The Younger Readers CBCA Short List has a well-balanced selection of books; there’s something for all primary school age groups. I know the awards are judged on literary merit, but this is a helpful and positive by-product.
I’ve written about these 6 books in three Parts for the blog.
As well as a plot run-down and mention of anything that stands out, I’ve incorporated some activities that children could do with these books at school or home.
Boys, in particular, will be very keen to read these first two books.
By Kate Temple & Jol Temple, illustrated by John Foye Allen & Unwin
Jimmy is thrilled to share a name with Captain James Cook but not so keen to write a diary, like the explorer. When he reads that Cook kept a ‘log’, he becomes far more interested. Like Jimmy, children could keep a short log about their daily activities, especially at school, and include one or more illustrations in the naïve style of the book.

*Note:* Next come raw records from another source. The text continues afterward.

-- ===== src/Raft/Replication/Commit.antt =====
-- `try_advance_commit_index` (raft_replication.cpp) against what Raft asks of a commit: an entry of
-- the leader's own term that a majority of the voters holds.
use adviskv.Base.{
  ◌*◌, not, leb, ltb, keep, length, lookup, or_default, List, [], ◌∷◌, ◌==◌, ℕ, zero, suc, ◌+◌, ◌-◌,
  ◌≤◌, ◌<◌, ◌≡◌, refl, Bool, true, false, ◌&&◌, ◌⊎◌, inl, inr, nat_eq, eqb, Bool-cases, arith,
}
use native.Mathlib.Decide.{ℕ_discrete}
use adviskv.Model.{PeerMember, replica_id_eq}
use adviskv.Raft.Log.{RaftLog, term_at, last_log_index}
use adviskv.Raft.Membership.{RaftMembership, voters, has_quorum, quorum_size}
use adviskv.Raft.Apply.{RaftApply}
use adviskv.Raft.Replication.{
  RaftReplication, count_matching, match_index_at_least, get_match_index, try_commit,
  try_commit_from, try_advance_commit_index,
}

-- The other voters whose match index is `i` or above; one that has none counts as 0.
abbrev pub holders : RaftReplication → RaftMembership → ℕ → List PeerMember
holders r m i =
    keep
      (λ p.
        not (p.replica_id == r.self_id) && leb i (or_default 0 (lookup p.replica_id r.match_index)))
      (voters m)

-- The entry is of the term, and those who hold it are, with the leader, more than half of the voters.
abbrev pub is_committable : RaftReplication → RaftMembership → RaftLog → ℕ → ℕ → Bool
is_committable r m l term i =
    eqb (term_at l i) term && ltb (length (voters m)) (2 * (1 + length (holders r m i)))

matching-holders :
    (r : RaftReplication) (i : ℕ) (ps : List PeerMember)
    → count_matching r i ps
      ≡ length (
          keep
            (λ p.
              not (p.replica_id == r.self_id)
              && leb i (or_default 0 (lookup p.replica_id r.match_index)))
            ps)
unfolding count_matching match_index_at_least get_match_index
matching-holders r i [] = refl
matching-holders r i (p ∷ ps) = ground (arith, matching-holders r i ps)

majority-committable :
    (r : RaftReplication) (m : RaftMembership) (i : ℕ)
    → has_quorum m (1 + count_matching r i (voters m))
      ≡ ltb (length (voters m)) (2 * (1 + length (holders r m i)))
unfolding has_quorum quorum_size
majority-committable r m i =
    let n = length (holders r m i) in rw (matching-holders r i (voters m)) (ground arith)

-- `a'` is what the loop makes of `a` when it has looked at the indices from `lo` up to below `hi`.
pub record Advanced (test : ℕ → Bool) (lo hi : ℕ) (a a' : RaftApply) : Type 0 where
  pub last_applied : a'.last_applied ≡ a.last_applied
  pub reached :
      (a'.commit_index ≡ a.commit_index)
      ⊎ (lo ≤ a'.commit_index) × (a'.commit_index < hi) × (test a'.commit_index ≡ true)
  pub greatest : (j : ℕ) → lo ≤ j → j < hi → a'.commit_index < j → test j ≡ false

module _ (test : ℕ → Bool) (i n : ℕ) (a a' : RaftApply) where
  Advanced-good :
      test i ≡ true
      → Advanced test (suc i) (suc i + n) (record a { commit_index = i }) a'
      → Advanced test i (i + suc n) a a'
  Advanced-good good v = record {
    last_applied = v.last_applied;
    reached = inr (elim v.reached [
      | inl e ↦ (omega arith, omega arith, rw e good)
      | inr (p, q, t) ↦ (omega arith, omega arith, t)
    ]);
    greatest = λ j p q k.
        v.greatest j (elim v.reached [ inl e ↦ omega arith | inr (b, _, _) ↦ omega arith ])
          (omega arith) k;
  }

  Advanced-bad :
      test i ≡ false → Advanced test (suc i) (suc i + n) a a' → Advanced test i (i + suc n) a a'
  Advanced-bad bad v = record {
    last_applied = v.last_applied;
    reached = elim v.reached [ inl e ↦ inl e | inr (p, q, t) ↦ inr (omega arith, omega arith, t) ];
    greatest = λ j p q k. elim (ℕ_discrete i j) [
      | yes e ↦ rw (← e) bad
      | no ne ↦ v.greatest j (omega arith) (omega arith) k
    ];
  }

module _ (r : RaftReplication) (m : RaftMembership) (l : RaftLog) (term : ℕ) where
  try_commit-true :
      (i : ℕ) (a : RaftApply)
      → is_committable r m l term i ≡ true
      → try_commit r m l term i a ≡ record a { commit_index = i }
  unfolding try_commit
  try_commit-true i a h = ground (arith, h, majority-committable r m i)

  try_commit-false :
      (i : ℕ) (a : RaftApply) → is_committable r m l term i ≡ false → try_commit r m l term i a ≡ a
  unfolding try_commit
  try_commit-false i a h = ground (arith, h, majority-committable r m i)

  pub try_commit_from-Advanced :
      (n i : ℕ) (a : RaftApply)
      → a.commit_index < i
      → Advanced (is_committable r m l term) i (i + n) a (try_commit_from r m l term n i a)
  unfolding try_commit_from
  try_commit_from-Advanced zero i a h = record {
    last_applied = refl;
    reached = inl refl;
    greatest = λ j p q k. absurd (omega arith);
  }
  try_commit_from-Advanced (suc n) i a h = elim (Bool-cases (is_committable r m l term i)) [
    | inl good ↦ rw (try_commit-true i a good) (
        Advanced-good _ i n a _ good
          (try_commit_from-Advanced n (suc i) (record a { commit_index = i }) (omega arith)))
    | inr bad ↦
        rw (try_commit-false i a bad)
          (Advanced-bad _ i n a _ bad (try_commit_from-Advanced n (suc i) a (omega arith)))
  ]

-- For a commit index within the log: the new one is the old one or lies above it, within the log,
-- at an entry of the current term that more than half of the voters hold, which are the leader
-- itself and the other voters whose match index has reached it; and no entry above it qualifies.
pub try_advance-Advanced :
    (r : RaftReplication) (m : RaftMembership) (l : RaftLog) (term : ℕ) (a : RaftApply)
    → a.commit_index ≤ last_log_index l
    → Advanced
        (is_committable r m l term)
        (a.commit_index + 1)
        (last_log_index l + 1)
        a
        (try_advance_commit_index r m l term a)
unfolding try_advance_commit_index
try_advance-Advanced r m l term a h =
    let e : a.commit_index + 1 + (last_log_index l - a.commit_index) ≡ last_log_index l + 1 =
      omega arith in
    rw e at (
      try_commit_from-Advanced r m l term (last_log_index l - a.commit_index) (a.commit_index + 1) a
        (omega arith))

module _ (r : RaftReplication) (m : RaftMembership) (l : RaftLog) (term : ℕ) (a : RaftApply) where
  swept :
      Advanced
        (is_committable r m l term)
        (a.commit_index + 1)
        (a.commit_index + 1 + (last_log_index l - a.commit_index))
        a
        (try_advance_commit_index r m l term a)
  unfolding try_advance_commit_index
  swept = try_commit_from-Advanced r m l term _ (a.commit_index + 1) a (omega arith)

  pub le-try_advance : a.commit_index ≤ (try_advance_commit_index r m l term a).commit_index
  le-try_advance = elim swept.reached [ inl e ↦ omega arith | inr (p, _, _) ↦ omega arith ]

  pub last_applied-try_advance :
      (try_advance_commit_index r m l term a).last_applied ≡ a.last_applied
  last_applied-try_advance = swept.last_applied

The book is funny. When Jimmy dresses up as Cook for History Week he uses powder and hair cream to create Cook’s curls but the cream leaves him with bald spots. He takes his fake arm to Bed, Bath and Cables and loses it in the Kids’ Ball Pit.
When he realises that Cook was killed by the Hawaiians, Jimmy resolves to continue his explorations. He eats cereal to try to win a competition to Hawaii, feeds his baby sister an orange thinking she has scurvy and inadvertently terrorises a guest speaker. He starts an Explorers’ Society (but no girls are allowed) and the members use a formula of ‘Sir + Street Name + Fridge’ brand to invent their names, such as ‘Sir Clanville Fisher-Paykel’. Children could also try finding their own explorer names using this method.
Jimmy discovers lots of information from Google, such as what ‘fermented’ is, and uses an ancestry site to find out about his descendants. Children could also use the internet to learn about their past family.
Devotees can read more in Captain Jimmy Cook Discovers: X Marks the Spot, which is equally good.
Rockhopping by Trace Balla Allen & Unwin
This companion graphic novel to the award-winning Rivertime is set in Gariwerd (the Grampians). It tells the second story of Clancy and Uncle Egg, whilst respectfully including and acknowledging the Jardwadjali, Djab Wurrung and other Aboriginal peoples, as they try to find the source of the Glenelg River. Nephew and uncle also encounter native wildlife and plants and, of course, get lost along the way.
Read this book in conjunction with the Eve Pownall shortlisted, Amazing Animals of Australia’s National Parks. Teacher notes are available at the publishers’ website. Also read My Place by Nadia Wheatley and Donna Rawlins to highlight the section where Clancy imagines the history of the lake and who could have lived there (page 71).
Children could use the panels when Clancy is falling down the cliff, on pages 32-39, to create their own mini-graphic novel or animation of something that could go wrong in the wilderness.